# If bikes were women...



## snaky69 (Mar 8, 2005)

I'd marry mine, DAMN SHE'S HOT!!

Side shot








Classic, NemPro headtube and CK headset.








From the front








Forkin' it up








Rider's point of view, my bars look abnormally large for some reason









Oh yeah, everything's nice and tight. Check out the nipples
















3/4 rear view, from the ground.








3/4 Rear view, standing up









Specs:
_*The build*_

_Frame_: Nemesis Project, Secret Agent 26'', 22.30'' TT, brushed aluminum stickers
_Fork_: Custom one-off '06 75mm(not a typo) Tuned Z1 Sport(4x WC internals, adjustable rebound)
_Headset_: Chris King NoThreadSet in red
_Rims_: Atomlab Pimps, red torque nipples
_Spokes_: DT Competition
_Front hub_: Axiom(Formula) Sealed cartridge bearings, 20mm
_Rear hub_: Atomlab Aircorp singlespeed 12T cog
_Bottom Bracket_: ? Whatever the shop installed on warranty when I broke mine, who cares, it still works.
_Stem_: Truvativ Hussfelt
_Grips_: Snafu Red
_Bars_: Titec El Norte cut down to 25''
_Chain_: KCM KoolChain
_Tires_: Maxxis holy roller 2.2
_Pedals_: Wellgo flats
_Seat_: Shadow Crow
_Seatpost_: Thomson Elite
_Seat Collar_: Easton, black
_Brake_: Avid Juicy 5
_Cranks_: Some random 3-piece cranks by axiom
_Sprocket_: e.13 26T sprocket

*
Weight*: 
32lbs even, with downhill tube in the rear wheel(will change it when I get around to it), uncut seat post, heavy pedals and cranks(when they break I'll go for a set of profiles with Ti spindle and bring the weight down even more)
*

Brief parking lot ride report*:
The streets haven't dried/melted up yet so I couldn't wander very far, but the bike is hard to describe, it feels twitchy, nervous, yet stable. Somewhat like a tamed wild animal. It manuals like a charm, bunny hops very well, feels extremely stiff in the back end, easy to get up to speed. The fork is very very nice, I put some air in it, about 10 pumps in the right leg, 3 pumps in the left, feels just right, I haven't played with the rebound yet, I'll do that when it gets dryer.
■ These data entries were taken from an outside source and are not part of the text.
-- ===== src/QuotedPrintable/Spec.antt =====
-- Quoted-printable by RFC 2045, as a machine that reads one byte at a time, behind the deletion of
-- blanks, which QuotedPrintable/Padding.antt has. It stands beside the code as the description of
-- what the output of quotedprintable/writer.go means.
use mime.Base.{
  ℕ, ◌+◌, ◌-◌, ◌*◌, ◌/◌, ◌%◌, ◌<◌, [], ◌∷◌, ◌++◌, none, some, Option, ◌≡◌, refl, ◌==◌,
  if◌then◌else◌, within, arith, false, true, ◌||◌, append_assoc, ap,
}
use mime.Base.Bytes.{Bytes, IsByte}
use mime.EncodedWord.QEncoding.{upper_hex}

-- what has been read of an escape
pub data Mode : Type 0 where
  plain : Mode
  equals : Mode
  first : ℕ → Mode
  soft_cr : Mode

-- the mode and the text so far; `none` after a wrong escape
abbrev pub Decoder : Type 0
Decoder = Option (Mode × Bytes)

abbrev hex_value : ℕ → Option ℕ
hex_value c =
    if within b'0' b'9' c
    then some (c - b'0')
    else if within b'A' b'F' c
    then some (c - b'A' + 10)
    else none

abbrev after_equals : Bytes → Option ℕ → Decoder
after_equals text none = none
after_equals text (some h) = some (first h, text)

abbrev after_first : Bytes → ℕ → Option ℕ → Decoder
after_first text h none = none
after_first text h (some l) = some (plain, text ++ (h * 16 + l) ∷ [])

unfoldable pub step : ℕ → Decoder → Decoder
step c none = none
step c (some (plain, text)) =
    if c == b'=' then some (equals, text) else some (plain, text ++ c ∷ [])
step c (some (equals, text)) =
    if c == b'\r' then some (soft_cr, text) else after_equals text (hex_value c)
step c (some (first h, text)) = after_first text h (hex_value c)
step c (some (soft_cr, text)) = if c == b'\n' then some (plain, text) else none

unfoldable pub feed : Bytes → Decoder → Decoder
feed [] d = d
feed (c ∷ s) d = feed s (step c d)

-- The text `s` decodes to `text`, with no escape left open.
abbrev pub Decodes : Bytes → Bytes → Type 0
Decodes s text = feed s (some (plain, [])) ≡ some (plain, text)

pub feed-append : (s t : Bytes) (d : Decoder) → feed (s ++ t) d ≡ feed t (feed s d)
unfolding feed
feed-append [] t d = refl
feed-append (c ∷ s) t d = feed-append s t (step c d)

pub step_literal :
    (c : ℕ) (text : Bytes)
    → (c == b'=') ≡ false
    → step c (some (plain, text)) ≡ some (plain, text ++ c ∷ [])
unfolding step
step_literal c text h = rw h

hex_value-upper_hex : (n : ℕ) → n < 16 → hex_value (upper_hex n) ≡ some n
unfolding upper_hex
hex_value-upper_hex n h = ground arith

upper_hex_not_cr : (n : ℕ) → n < 16 → (upper_hex n == b'\r') ≡ false
unfolding upper_hex
upper_hex_not_cr n h = ground arith

pub feed_escape :
    (b : ℕ) (text : Bytes)
    → IsByte b
    → feed (b'=' ∷ upper_hex (b / 16) ∷ upper_hex (b % 16) ∷ []) (some (plain, text))
      ≡ some (plain, text ++ b ∷ [])
unfolding feed step
feed_escape b text h =
    rw
      (
        upper_hex_not_cr (b / 16) (omega arith),
        hex_value-upper_hex (b / 16) (omega arith),
        hex_value-upper_hex (b % 16) (omega arith),
      )
      (ap (λ c. some (plain, text ++ c ∷ [])) (omega arith))

pub feed_soft :
    (text : Bytes) → feed (b'=' ∷ b'\r' ∷ b'\n' ∷ []) (some (plain, text)) ≡ some (plain, text)
unfolding feed step
feed_soft text = refl

pub feed_crlf :
    (text : Bytes)
    → feed (b'\r' ∷ b'\n' ∷ []) (some (plain, text)) ≡ some (plain, text ++ b'\r' ∷ b'\n' ∷ [])
unfolding feed step
feed_crlf text = rw (append_assoc text (b'\r' ∷ []) (b'\n' ∷ []))

-- A blank read last was read as itself, so that what stands before it decodes too.
step_blank :
    (b : ℕ) (d : Decoder) (text : Bytes)
    → (b == b' ' || b == b'\t') ≡ true
    → step b d ≡ some (plain, text)
    → (before : Bytes) × (d ≡ some (plain, before)) × (text ≡ before ++ b ∷ [])
unfolding step
step_blank b none text h e = cc
step_blank b (some (plain, t)) text h e = (t, refl, ground arith)
step_blank b (some (equals, t)) text h e = absurd (ground arith)
step_blank b (some (first x, t)) text h e = absurd (ground arith)
step_blank b (some (soft_cr, t)) text h e = absurd (ground arith)

pub Decodes-blank :
    (s : Bytes) (b : ℕ) (text : Bytes)
    → (b == b' ' || b == b'\t') ≡ true
    → Decodes (s ++ b ∷ []) text
    → (before : Bytes) × Decodes s before × (text ≡ before ++ b ∷ [])
unfolding feed
Decodes-blank s b text h d =
    step_blank b _ text h (rw (feed-append s (b ∷ []) (some (plain, []))) at d)
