-- ===== src/QuotedPrintable/Decoding.antt =====
-- quotedprintable/writer.go: the escapes and line ends of the writer decode to what was written, for a
-- decoder that deletes no blanks.
use mime.Base.{
  ℕ, ◌+◌, ◌-◌, List, [], ◌∷◌, ◌++◌, true, false, not, Bool, none, some, Option, All, All-append,
  length, ◌≡◌, ◌≢◌, ◌⊎◌, inl, inr, refl, ap, sym, ◌∙◌, arith, ◌==◌, ltb, append_assoc, append-nil,
  Option-cases, Bool-cases, if◌then◌else◌, ◌&&◌, ◌||◌,
}
use mime.Base.Bytes.{Bytes, IsByte}
use mime.QuotedPrintable.Flushes.{
  crlf, soft, held, sent, Refuses, Flushes, flush_cases, insert_crlf_cases, insert_soft_cases,
  split_last-some,
}
use mime.QuotedPrintable.Spec.{
  plain, feed, feed-append, step_literal, feed_escape, feed_soft, feed_crlf, Decodes, Decodes-blank,
}
use mime.QuotedPrintable.Writer.{
  Writer, Sink, Step, continue_with, ◌>>◌, skip, append, set_cr, is_whitespace, split_last, flush,
  insert_crlf, insert_soft_line_break, encode, check_last_byte, write_byte, write, is_simple,
  continue_at, write_loop, write_all, close, line_max_len,
}

abbrev pub flat : List Bytes → Bytes
flat [] = []
flat (c ∷ cs) = c ++ flat cs

pub flat_concat : (cs : List Bytes) (c : Bytes) → flat (cs ++ c ∷ []) ≡ flat cs ++ c
flat_concat [] c = append-nil c
flat_concat (d ∷ cs) c = ap (λ t. d ++ t) (flat_concat cs c) ∙ sym (append_assoc d (flat cs) c)

-- all that has gone out, and the line that waits
abbrev pub total : Writer → Bytes
total w = flat w.out ++ w.line

-- The writer has taken `text`: what it has sent and holds decodes to it.
pub record Holds (binary : Bool) (text : Bytes) (w : Writer) : Type 0 where
  pub decodes : Decodes (total w) text
  pub same_mode : w.binary ≡ binary
  pub no_cr : w.cr ≡ false

-- What an input stands for: in text mode a line feed is a line end, and else a byte is itself.
abbrev pub one : Bool → ℕ → Bytes
one binary b = if not binary && b == b'\n' then crlf else b ∷ []

abbrev pub meaning : Bool → Bytes → Bytes
meaning binary [] = []
meaning binary (b ∷ p) = one binary b ++ meaning binary p

meaning-append :
    (binary : Bool) (p q : Bytes) → meaning binary (p ++ q) ≡ meaning binary p ++ meaning binary q
meaning-append binary [] q = refl
meaning-append binary (b ∷ p) q =
    ap (λ t. one binary b ++ t) (meaning-append binary p q)
    ∙ sym (append_assoc (one binary b) (meaning binary p) (meaning binary q))

-- A byte, and in text mode no carriage return.
abbrev pub IsInput : Bool → ℕ → Type 0
IsInput binary b = IsByte b × ((binary ≡ true) ⊎ (b ≢ b'\r'))

-- what the writer makes of a byte that it writes unescaped: a line feed ends the line
abbrev shown : ℕ → Bytes
shown b = if b == b'\n' then crlf else b ∷ []

-- A byte of a batch: `write` gets no `=` and no carriage return, and a line feed in text mode only.
abbrev IsBatch : Bool → ℕ → Type 0
IsBatch binary b = ((b == b'=') ≡ false) × ((b == b'\r') ≡ false) × (shown b ≡ one binary b)

simple-IsBatch :
    (binary : Bool) (b : ℕ) → IsInput binary b → is_simple binary b ≡ true → IsBatch binary b
unfolding is_simple is_whitespace
simple-IsBatch binary b i e = (ground arith, ground arith, ground arith)

escaped_one : (binary : Bool) (b : ℕ) → is_simple binary b ≡ false → one binary b ≡ b ∷ []
unfolding is_simple is_whitespace
escaped_one binary b e = ground arith

module _ (sink : Sink) (binary : Bool) where
  -- after a call that fails only if the sink refuses
  abbrev pub Post : Bytes → Writer × Option ℕ → Type 0
  Post text (w, none) = Holds binary text w
  Post text (w, some e) = Refuses sink e

  continue_with-Post :
      {text : Bytes} (text' : Bytes) (r : Writer × Option ℕ) (k : Step)
      → Post text r
      → ((w : Writer) → Holds binary text w → Post text' (k w))
      → Post text' (continue_with r k)
  continue_with-Post text' (w, some e) k p h = p
  continue_with-Post text' (w, none) k p h = h w p

  total-sent : (w : Writer) (bs : Bytes) → total (sent w bs) ≡ total w ++ bs
  total-sent w bs =
      append-nil _ ∙ flat_concat w.out (w.line ++ bs) ∙ sym (append_assoc (flat w.out) w.line bs)

  -- bytes put behind what decodes
  put_behind :
      {text text' : Bytes} (s bs : Bytes)
      → Decodes s text
      → feed bs (some (plain, text)) ≡ some (plain, text')
      → Decodes (s ++ bs) text'
  put_behind s bs d f = feed-append s bs (some (plain, [])) ∙ ap (feed bs) d ∙ f

  append-Holds :
      {text text' : Bytes} (w : Writer) (bs : Bytes)
      → Holds binary text w
      → feed bs (some (plain, text)) ≡ some (plain, text')
      → Holds binary text' (held w bs)
  append-Holds w bs h f = record {
    decodes = rw (← append_assoc (flat w.out) w.line bs) (put_behind (total w) bs h.decodes f);
    same_mode = h.same_mode;
    no_cr = h.no_cr;
  }

  Flushes-Post :
      {text text' : Bytes} {r : Writer × Option ℕ} (w : Writer) (bs : Bytes)
      → Flushes sink r w bs
      → Holds binary text w
      → feed bs (some (plain, text)) ≡ some (plain, text')
      → Post text' r
  Flushes-Post w bs (inl (e, p, q)) h f = rw p q
  Flushes-Post w bs (inr p) h f = rw p (record {
    decodes = rw (total-sent w bs) (put_behind (total w) bs h.decodes f);
    same_mode = h.same_mode;
    no_cr = h.no_cr;
  })

  insert_soft-Post :
      {text : Bytes} (w : Writer) → Holds binary text w → Post text (insert_soft_line_break sink w)
  insert_soft-Post {text} w h = Flushes-Post w soft (insert_soft_cases sink w) h (feed_soft text)

  insert_crlf-Post :
      {text : Bytes} (w : Writer) → Holds binary text w → Post (text ++ crlf) (insert_crlf sink w)
  insert_crlf-Post {text} w h = Flushes-Post w crlf (insert_crlf_cases sink w) h (feed_crlf text)

  -- room for what follows, by a soft line break if the test says so
  room-Post :
      {text : Bytes} (text' : Bytes) (test : Bool) (k : Step) (w : Writer)
      → Holds binary text w
      → ((w' : Writer) → Holds binary text w' → Post text' (k w'))
      → Post text' (((if test then insert_soft_line_break sink else skip) >> k) w)
  room-Post text' true k w h f = continue_with-Post text' _ k (insert_soft-Post w h) f
  room-Post text' false k w h f = f w h

  encode-Post :
      {text : Bytes} (b : ℕ) (w : Writer)
      → IsByte b
      → Holds binary text w
      → Post (text ++ b ∷ []) (encode sink b w)
  unfolding encode append
  encode-Post {text} b w hb h =
      room-Post (text ++ b ∷ []) (ltb (line_max_len - 1 - length w.line) 3) _ w h
        λ w' h'. append-Holds w' _ h' (feed_escape b text hb)

  -- a blank at the end of the line is taken back and escaped
  blank-Post :
      {text : Bytes} (w : Writer) (front : Bytes) (b : ℕ)
      → w.line ≡ front ++ b ∷ []
      → (b == b' ' || b == b'\t') ≡ true
      → Holds binary text w
      → Post text (encode sink b (record w { line = front }))
  blank-Post {text} w front b e s h =
      let whole = ap (λ l. flat w.out ++ l) e ∙ sym (append_assoc (flat w.out) front (b ∷ [])) in
      let (before, d, t) = Decodes-blank (flat w.out ++ front) b text s (rw whole at h.decodes) in
      rw t (
        encode-Post b (record w { line = front }) (ground arith)
          (record { decodes = d; same_mode = h.same_mode; no_cr = h.no_cr }))

  check_last_byte-Post :
      {text : Bytes} (w : Writer) → Holds binary text w → Post text (check_last_byte sink w)
  unfolding check_last_byte is_whitespace
  check_last_byte-Post {text} w h = elim (Option-cases (split_last w.line)) [
    | inl e ↦ rw (e, check_last_byte) h
    | inr ((front, b), e) ↦ elim (Bool-cases (b == b' ' || b == b'\t')) [
      | inl s ↦ rw (e, check_last_byte, s) (blank-Post w front b (split_last-some w.line e) s h)
      | inr s ↦ rw (e, check_last_byte, s) h
    ]
  ]

  put_byte-Post :
      {text : Bytes} (b : ℕ) (w : Writer)
      → (b == b'=') ≡ false
      → Holds binary text w
      → Post (text ++ b ∷ []) ((append (b ∷ []) >> set_cr false) w)
  unfolding append set_cr feed
  put_byte-Post {text} b w n h =
      let put = append-Holds w (b ∷ []) h (step_literal b text n) in
      record { decodes = put.decodes; same_mode = put.same_mode; no_cr = refl }

  write_byte-Post :
      {text : Bytes} (b : ℕ) (w : Writer)
      → (b == b'=') ≡ false
      → (b == b'\r') ≡ false
      → Holds binary text w
      → Post (text ++ shown b) (write_byte sink b w)
  unfolding write_byte
  write_byte-Post {text} b w n r h = elim (Bool-cases (b == b'\n')) [
    | inl nl ↦
        simp (nl, r, h.no_cr)
          (continue_with-Post (text ++ crlf) (check_last_byte sink w) (insert_crlf sink)
            (check_last_byte-Post w h) insert_crlf-Post)
    | inr p ↦
        rw (p, r)
          (room-Post (text ++ b ∷ []) (length w.line == line_max_len - 1)
            (append (b ∷ []) >> set_cr false) w h (λ w' h'. put_byte-Post b w' n h'))
  ]

  write-Post :
      (p : Bytes) {text : Bytes} (w : Writer)
      → All (IsBatch binary) p
      → Holds binary text w
      → Post (text ++ meaning binary p) (write sink p w)
  unfolding write
  write-Post [] {text} w a h = rw (append-nil text) h
  write-Post (b ∷ p) {text} w ((n, r, e), a) h =
      rw (← append_assoc text (one binary b) (meaning binary p), ← e)
        (continue_with-Post _ (write_byte sink b w) (write sink p) (write_byte-Post b w n r h)
          (λ w' h'. write-Post p w' a h'))

  -- after a call that also returns a count
  abbrev pub CountPost : Bytes → Writer × ℕ × Option ℕ → Type 0
  CountPost text (w, n, none) = Holds binary text w
  CountPost text (w, n, some e) = Refuses sink e

  continue_at-Post :
      {text : Bytes} (text' : Bytes) (n : ℕ) (r : Writer × Option ℕ)
      (k : Writer → Writer × ℕ × Option ℕ)
      → Post text r
      → ((w : Writer) → Holds binary text w → CountPost text' (k w))
      → CountPost text' (continue_at n r k)
  continue_at-Post text' n (w, some e) k h f = h
  continue_at-Post text' n (w, none) k h f = f w h

  regroup :
      (pending : Bytes) (b : ℕ) (p : Bytes)
      → meaning binary pending ++ (one binary b ++ meaning binary p)
        ≡ meaning binary (pending ++ b ∷ []) ++ meaning binary p
  regroup pending b p = simp (meaning-append, append_assoc, append-nil)

  split_off :
      (text pending : Bytes) (b : ℕ) (p : Bytes)
      → text ++ (meaning binary pending ++ (b ∷ meaning binary p))
        ≡ ((text ++ meaning binary pending) ++ b ∷ []) ++ meaning binary p
  split_off text pending b p = simp append_assoc

  write_loop-Post :
      (n : ℕ) (pending p : Bytes) {text : Bytes} (w : Writer)
      → All (IsBatch binary) pending
      → All (IsInput binary) p
      → Holds binary text w
      → CountPost
          (text ++ (meaning binary pending ++ meaning binary p))
          (write_loop sink n pending p w)
  unfolding write_loop
  write_loop-Post n [] [] {text} w a i h = rw (append-nil text) h
  write_loop-Post n (b ∷ pending) [] {text} w a i h =
      rw (append-nil (meaning binary (b ∷ pending))) (
        continue_at-Post _ n (write sink (b ∷ pending) w) _ (write-Post (b ∷ pending) w a h)
          (λ w' h'. h'))
  write_loop-Post n pending (b ∷ p) {text} w a (ib, i) h =
      elim (Bool-cases (is_simple w.binary b)) [
        | inl e ↦
            let batch =
              simple-IsBatch binary b ib (ap (λ m. is_simple m b) (sym h.same_mode) ∙ e) in
            rw (e, write_loop)
              (rw (regroup pending b p) (
                write_loop-Post n (pending ++ b ∷ []) p w
                  (All-append (IsBatch binary) pending (b ∷ []) a (batch, tt)) i h))
        | inr e ↦
            let single = escaped_one binary b (ap (λ m. is_simple m b) (sym h.same_mode) ∙ e) in
            rw (e, write_loop)
              (rw (single, split_off text pending b p)
                (continue_at-Post _ n (write sink pending w) _ (write-Post pending w a h) λ w1 h1.
                  continue_at-Post _ (n + length pending) (encode sink b w1) _
                    (encode-Post b w1 ib.0 h1)
                    λ w2 h2. write_loop-Post (n + length pending + 1) [] p w2 tt i h2))
      ]

-- `Write` for a decoder that deletes no blanks
pub write_all-Holds :
    (sink : Sink) {binary : Bool} (p : Bytes) {text : Bytes} (w : Writer)
    → All (IsInput binary) p
    → Holds binary text w
    → CountPost sink binary (text ++ meaning binary p) (write_all sink p w)
unfolding write_all
write_all-Holds sink {binary} p w i h = write_loop-Post sink binary 0 [] p w tt i h

-- What a successful `Close` leaves: nothing waits, and what went out decodes to `text`.
abbrev pub Closed : Sink → Bytes → Writer × Option ℕ → Type 0
Closed sink text (w, none) = (w.line ≡ []) × Decodes (flat w.out) text
Closed sink text (w, some e) = Refuses sink e

flushed-Closed :
    (sink : Sink) (binary : Bool) (text : Bytes) (w : Writer)
    → Holds binary text w
    → Closed sink text (flush sink w)
flushed-Closed sink binary text w h = elim (flush_cases sink w) [
  | inl (x, e, q) ↦ rw e q
  | inr e ↦ rw e (refl, rw (flat_concat w.out w.line) h.decodes)
]

Closed-after :
    (sink : Sink) (binary : Bool) (text : Bytes) (r : Writer × Option ℕ)
    → Post sink binary text r
    → Closed sink text (continue_with r (flush sink))
Closed-after sink binary text (w, some e) h = h
Closed-after sink binary text (w, none) h = flushed-Closed sink binary text w h

-- `Close` for a decoder that deletes no blanks
pub close-Closed :
    (sink : Sink) {binary : Bool} {text : Bytes} (w : Writer)
    → Holds binary text w
    → Closed sink text (close sink w)
unfolding close
close-Closed sink {binary} {text} w h =
    Closed-after sink binary text (check_last_byte sink w) (check_last_byte-Post sink binary w h)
Overview: This thing rocks. Feels much lighter than it's weight, I love it.

Edit: I will take any pic of the bike you want, just ask.


----------



## todd_freeride (Aug 9, 2005)

wow, she sure turned out sexy. super close tire clearance! but I dont think it gets too much bigger than the 2.4 holy rollers. 

sick bike man! great build.


----------



## Tracerboy (Oct 13, 2002)

looks so sick dude!! so so sick. very clean build right thurr. loving everything about it. i mite be the first to see it beside you! unless someone posts right before me

EDIT: ok fine...second..


----------



## bitterrider (Sep 21, 2006)

Bout damn time!!!! I kept checking the other post to see it finished. Anyways slick build! Its a sleeper for sure--simple and sweet.


----------



## paintballeerXC (Jun 9, 2005)

ooooooooooooooooooooooooo, so nice, I want one
edit: i cant get enough of, aaaaaaaaaaaaaaaaaaaaa, nice o so nice, i could sing a song of it but it would be very bad


----------



## free rider (Nov 14, 2005)

if i were to ask one shot of the bike it would be 6 feet above the camera with you ontop


----------



## snaky69 (Mar 8, 2005)

free rider said:


> if i were to ask one shot of the bike it would be 6 feet above the camera with you ontop


Yeah, I'd love to be able to do that too right now. I'm itching for a ride.


----------



## Vinny A (Oct 8, 2006)

Damn dude thats so sick. Looks even better than I thought it would.


----------



## BikeSATORI (Mar 20, 2004)

Pa-pow!!! Bangin' steed! all loaded up...
that is a PRIMO set-up man... worth all the wait I'm sure! congrats bro!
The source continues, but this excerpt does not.